> WHAT THE TASK ASKS:
Transcribe the following entries word for word. End with the line where "-- The first" appears.

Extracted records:
========================

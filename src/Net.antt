-- ===== src/Net.antt =====
-- kernel/src/net.c: the IPv4 stack's checksum, ARP cache and handlers of incoming frames. A frame is the
-- list of its bytes, and the frames that are sent are kept in order. Words of a packet are read as
-- x86_64 reads them, the low byte first. Waiting for an ARP reply is an argument: what the cache has
-- for the next hop before the deadline.
pub mod Checksum
pub mod Arp
pub mod Udp
pub mod Frame
pub mod Address
pub mod Dns
pub mod Dhcp
pub mod Resolve
use choco_os.Base.{
  ℕ, zero, suc, ◌+◌, ◌-◌, ◌*◌, ◌/◌, ◌%◌, ◌^◌, Bool, true, false, not, ◌&&◌, ◌||◌, ltb, leb, ◌==◌,
  if◌then◌else◌, Option, none, some, List, [], ◌∷◌, ◌++◌, length, take, drop, replicate, byte_at,
  bit_and, add_word,
}

abbrev pub htons16 : ℕ → ℕ
htons16 v = v / 256 + v % 256 * 256

-- A 16-bit and a 32-bit field at an offset.
abbrev pub field16 : List ℕ → ℕ → ℕ
field16 p i = byte_at p i + byte_at p (i + 1) * 256

abbrev pub field32 : List ℕ → ℕ → ℕ
field32 p i = field16 p i + field16 p (i + 2) * 65536

abbrev pub bytes16 : ℕ → List ℕ
bytes16 v = v % 256 ∷ v / 256 % 256 ∷ []

abbrev pub bytes32 : ℕ → List ℕ
bytes32 v = bytes16 v ++ bytes16 (v / 65536)

-- The sum of the big-endian words, an odd last byte being a high byte.
unfoldable pub word_sum : List ℕ → ℕ → ℕ
word_sum [] sum = sum
word_sum (a ∷ []) sum = add_word 32 sum (a * 256)
word_sum (a ∷ b ∷ rest) sum = word_sum rest (add_word 32 sum (a * 256 + b))

-- `while (sum >> 16)`
unfoldable pub fold_carry : (fuel : ℕ) → ℕ → Option ℕ
fold_carry zero sum = none
fold_carry (suc fuel) sum =
    let rest = fold_carry fuel (sum % 65536 + sum / 65536) in
    if sum / 65536 == 0 then some sum else rest

unfoldable pub checksum16 : List ℕ → (start : ℕ) → Option ℕ
unfolding word_sum fold_carry
checksum16 p start = elim (fold_carry 4 (word_sum p start)) [
  | none ↦ none
  | some sum ↦ some (htons16 (65535 - sum))
]

pub record ArpEntry : Type 0 where
  pub ip : ℕ
  pub mac : List ℕ
  pub valid : Bool

abbrev pub matches : ℕ → ArpEntry → Bool
matches ip e = e.valid && e.ip == ip

-- The first loop of `arp_cache_put`: nothing when no entry has the address.
pub update_entry : List ArpEntry → (ip : ℕ) → List ℕ → Option (List ArpEntry)
update_entry [] ip mac = none
update_entry (e ∷ es) ip mac =
    let rest : Option (List ArpEntry) = elim (update_entry es ip mac) [
      | none ↦ none
      | some es' ↦ some (e ∷ es')
    ] in
    if matches ip e then some (record e { mac = mac } ∷ es) else rest

-- The second loop: nothing when all entries are valid.
pub fill_entry : List ArpEntry → (ip : ℕ) → List ℕ → Option (List ArpEntry)
fill_entry [] ip mac = none
fill_entry (e ∷ es) ip mac =
    let rest : Option (List ArpEntry) = elim (fill_entry es ip mac) [
      | none ↦ none
      | some es' ↦ some (e ∷ es')
    ] in
    if not e.valid then some (record { ip = ip; mac = mac; valid = true } ∷ es) else rest

pub evict_first : List ArpEntry → (ip : ℕ) → List ℕ → List ArpEntry
evict_first [] ip mac = []
evict_first (e ∷ es) ip mac = record e { ip = ip; mac = mac } ∷ es

abbrev pub or_then : Option (List ArpEntry) → Option (List ArpEntry) → List ArpEntry → List ArpEntry
or_then (some es) second third = es
or_then none (some es) third = es
or_then none none third = third

pub arp_cache_put : List ArpEntry → (ip : ℕ) → List ℕ → List ArpEntry
unfolding update_entry fill_entry evict_first
arp_cache_put cache ip mac =
    or_then (update_entry cache ip mac) (fill_entry cache ip mac) (evict_first cache ip mac)

unfoldable pub arp_cache_get : List ArpEntry → ℕ → Option (List ℕ)
arp_cache_get [] ip = none
arp_cache_get (e ∷ es) ip =
    let rest = arp_cache_get es ip in if matches ip e then some e.mac else rest

pub record Net : Type 0 where
  pub our_mac : List ℕ
  pub our_ip : ℕ
  pub our_mask : ℕ
  pub our_gw : ℕ
  pub arp_cache : List ArpEntry
  pub ip_id : ℕ
  pub icmp_waiting : Bool
  pub icmp_id : ℕ
  pub icmp_seq : ℕ
  pub icmp_got : Bool
  pub udp_port : ℕ
  pub udp_data : List ℕ
  pub udp_len : ℕ
  pub udp_src_ip : ℕ
  pub sent : List (List ℕ)

abbrev pub eth_arp : ℕ
eth_arp = 0x0806

abbrev pub eth_ip : ℕ
eth_ip = 0x0800

abbrev pub udp_buf_size : ℕ
udp_buf_size = 1024

abbrev pub bcast_mac : List ℕ
bcast_mac = replicate 6 255

-- A frame is padded with zeros to 60 bytes.
unfoldable pub eth_send : Net → (dst_mac : List ℕ) → (ethertype : ℕ) → List ℕ → Net
eth_send s dst_mac ethertype payload =
    let frame = dst_mac ++ s.our_mac ++ bytes16 (htons16 ethertype) ++ payload in
    record s { sent = s.sent ++ ((frame ++ replicate (60 - length frame) 0) ∷ []) }

abbrev pub arp_packet : (op : ℕ) → (sha : List ℕ) → (spa : ℕ) → (tha : List ℕ) → (tpa : ℕ) → List ℕ
arp_packet op sha spa tha tpa =
    bytes16 (htons16 1)
    ++ bytes16 (htons16 eth_ip)
    ++ (6 ∷ 4 ∷ [])
    ++ bytes16 (htons16 op)
    ++ sha
    ++ bytes32 spa
    ++ tha
    ++ bytes32 tpa

pub arp_request : Net → ℕ → Net
unfolding eth_send
arp_request s ip = eth_send s bcast_mac eth_arp (arp_packet 1 s.our_mac s.our_ip (replicate 6 0) ip)

-- The hop to which a packet for an address goes.
abbrev pub next_hop : Net → ℕ → ℕ
next_hop s dst =
    if not (s.our_mask == 0) && not (bit_and dst s.our_mask == bit_and s.our_ip s.our_mask)
    then s.our_gw
    else dst

-- `awaited` is what the polling finds.
unfoldable pub resolve_mac : (awaited : Option (List ℕ)) → Net → ℕ → Option (List ℕ) × Net
unfolding arp_cache_get arp_request
resolve_mac awaited s dst =
    let hop = next_hop s dst in
    let known : Option (List ℕ) × Net = elim (arp_cache_get s.arp_cache hop) [
      | some mac ↦ (some mac, s)
      | none ↦ (awaited, arp_request s hop)
    ] in
    if (hop == 0xffffffff) || (hop == 0) then (some bcast_mac, s) else known

-- The header's first 10 bytes, and the 8 behind its checksum.
abbrev pub ip_head : (id proto len : ℕ) → List ℕ
ip_head id proto len =
    (0x45 ∷ 0 ∷ [])
    ++ bytes16 (htons16 ((20 + len) % 65536))
    ++ bytes16 (htons16 id)
    ++ bytes16 (htons16 0x4000)
    ++ (64 ∷ proto ∷ [])

abbrev pub ip_addresses : Net → ℕ → List ℕ
ip_addresses s dst = bytes32 s.our_ip ++ bytes32 dst

abbrev pub ip_packet : Net → (dst proto : ℕ) → List ℕ → (csum : ℕ) → List ℕ
ip_packet s dst proto payload csum =
    ip_head s.ip_id proto (length payload) ++ bytes16 csum ++ ip_addresses s dst ++ payload

unfoldable pub ip_send : (awaited : Option (List ℕ)) → Net → (dst proto : ℕ) → List ℕ → Option Net
unfolding resolve_mac eth_send
ip_send awaited s dst proto payload =
    let r = resolve_mac awaited s dst in
    let t = r.1 in
    let counted = record t { ip_id = (t.ip_id + 1) % 65536 } in
    elim r.0 [
      | none ↦ some t
      | some mac ↦ elim (checksum16 (ip_packet t dst proto [] 0) 0) [
        | none ↦ none
        | some csum ↦ some (eth_send counted mac eth_ip (ip_packet t dst proto payload csum))
      ]
    ]

abbrev pub arp_size : ℕ
arp_size = 28

-- A request for our address is answered.
pub handle_arp : Net → List ℕ → Net
unfolding arp_cache_put eth_send
handle_arp s p =
    let spa = field32 p 14 in
    let sha = take 6 (drop 8 p) in
    let t = record s { arp_cache = arp_cache_put s.arp_cache spa sha } in
    let asked = htons16 (field16 p 6) == 1 && not (s.our_ip == 0) && (field32 p 24 == s.our_ip) in
    if ltb (length p) arp_size
    then s
    else if asked
    then eth_send t sha eth_arp (arp_packet 2 s.our_mac s.our_ip sha spa)
    else t

-- A reply to an echo request is the request with the type 0 and its own checksum.
abbrev pub echo_reply : List ℕ → (csum : ℕ) → List ℕ
echo_reply p csum = (0 ∷ take 1 (drop 1 p)) ++ bytes16 csum ++ drop 4 p

pub handle_icmp : (awaited : Option (List ℕ)) → Net → (src : ℕ) → List ℕ → Option Net
unfolding ip_send
handle_icmp awaited s src p =
    let reply : Option Net = elim (checksum16 (echo_reply p 0) 0) [
      | none ↦ none
      | some csum ↦ ip_send awaited s src 1 (echo_reply p csum)
    ] in
    let awaited_reply =
      byte_at p 0 == 0
      && s.icmp_waiting
      && (field16 p 4 == s.icmp_id)
      && (field16 p 6 == s.icmp_seq) in
    if ltb (length p) 8
    then some s
    else if byte_at p 0 == 8
    then reply
    else some (if awaited_reply then record s { icmp_got = true } else s)

-- `dlen` is negative in C where the length field is below 8.
pub handle_udp : Net → (src : ℕ) → List ℕ → Net
handle_udp s src p =
    let dport = htons16 (field16 p 2) in
    let udp_size = htons16 (field16 p 4) in
    let dlen = udp_size - 8 in
    let listening = not (s.udp_port == 0) && (dport == s.udp_port) && (s.udp_len == 0) in
    let fits = not (dlen == 0) && leb dlen udp_buf_size && leb dlen (length p - 8) in
    if ltb (length p) 8
    then s
    else if listening && fits
    then record s {
      udp_data = take dlen (drop 8 p) ++ drop dlen s.udp_data;
      udp_src_ip = src;
      udp_len = dlen;
    }
    else s

-- The payload of an IP packet `p` behind a header of `ihl` bytes: the length field cuts it off, unless
-- it is wrong. A header that is longer than the packet leaves nothing.
abbrev pub ip_payload : List ℕ → List ℕ
ip_payload p =
    let ihl = byte_at p 0 % 16 * 4 in
    let total_len = htons16 (field16 p 2) in
    let room = length p - ihl in
    let dlen = if ltb total_len ihl || ltb room (total_len - ihl) then room else total_len - ihl in
    take dlen (drop ihl p)

pub handle_ip : (awaited : Option (List ℕ)) → Net → List ℕ → Option Net
unfolding handle_icmp handle_udp
handle_ip awaited s p =
    let src = field32 p 12 in
    let dst = field32 p 16 in
    let elsewhere = not (s.our_ip == 0) && not (dst == s.our_ip) && not (dst == 0xffffffff) in
    if elsewhere
    then some s
    else if byte_at p 9 == 1
    then handle_icmp awaited s src (ip_payload p)
    else some (if byte_at p 9 == 17 then handle_udp s src (ip_payload p) else s)

pub handle_frame : (awaited : Option (List ℕ)) → Net → List ℕ → Option Net
unfolding handle_arp handle_ip
handle_frame awaited s frame =
    let type = htons16 (field16 frame 12) in
    let payload = drop 14 frame in
    if ltb (length frame) 14
    then some s
    else if type == eth_arp
    then some (handle_arp s payload)
    else if not (type == eth_ip) || ltb (length payload) 20
    then some s
    else handle_ip awaited s payload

========================

> WRITTEN ANSWER:
filename src/Net.antt
-- ===== src/Net.antt =====
-- kernel/src/net.c: the IPv4 stack's checksum, ARP cache and handlers of incoming frames. A frame is the
-- list of its bytes, and the frames that are sent are kept in order. Words of a packet are read as
-- x86_64 reads them, the low byte first. Waiting for an ARP reply is an argument: what the cache has
-- for the next hop before the deadline.
pub mod Checksum
pub mod Arp
pub mod Udp
pub mod Frame
pub mod Address
pub mod Dns
pub mod Dhcp
pub mod Resolve
use choco_os.Base.{
  ℕ, zero, suc, ◌+◌, ◌-◌, ◌*◌, ◌/◌, ◌%◌, ◌^◌, Bool, true, false, not, ◌&&◌, ◌||◌, ltb, leb, ◌==◌,
  if◌then◌else◌, Option, none, some, List, [], ◌∷◌, ◌++◌, length, take, drop, replicate, byte_at,
  bit_and, add_word,
}

abbrev pub htons16 : ℕ → ℕ
htons16 v = v / 256 + v % 256 * 256

-- A 16-bit and a 32-bit field at an offset.
abbrev pub field16 : List ℕ → ℕ → ℕ
field16 p i = byte_at p i + byte_at p (i + 1) * 256

abbrev pub field32 : List ℕ → ℕ → ℕ
field32 p i = field16 p i + field16 p (i + 2) * 65536

abbrev pub bytes16 : ℕ → List ℕ
bytes16 v = v % 256 ∷ v / 256 % 256 ∷ []

abbrev pub bytes32 : ℕ → List ℕ
bytes32 v = bytes16 v ++ bytes16 (v / 65536)

-- The sum of the big-endian words, an odd last byte being a high byte.
unfoldable pub word_sum : List ℕ → ℕ → ℕ
word_sum [] sum = sum
word_sum (a ∷ []) sum = add_word 32 sum (a * 256)
word_sum (a ∷ b ∷ rest) sum = word_sum rest (add_word 32 sum (a * 256 + b))

-- `while (sum >> 16)`
unfoldable pub fold_carry : (fuel : ℕ) → ℕ → Option ℕ
fold_carry zero sum = none
fold_carry (suc fuel) sum =
    let rest = fold_carry fuel (sum % 65536 + sum / 65536) in
    if sum / 65536 == 0 then some sum else rest

unfoldable pub checksum16 : List ℕ → (start : ℕ) → Option ℕ
unfolding word_sum fold_carry
checksum16 p start = elim (fold_carry 4 (word_sum p start)) [
  | none ↦ none
  | some sum ↦ some (htons16 (65535 - sum))
]

pub record ArpEntry : Type 0 where
  pub ip : ℕ
  pub mac : List ℕ
  pub valid : Bool

abbrev pub matches : ℕ → ArpEntry → Bool
matches ip e = e.valid && e.ip == ip

-- The first loop of `arp_cache_put`: nothing when no entry has the address.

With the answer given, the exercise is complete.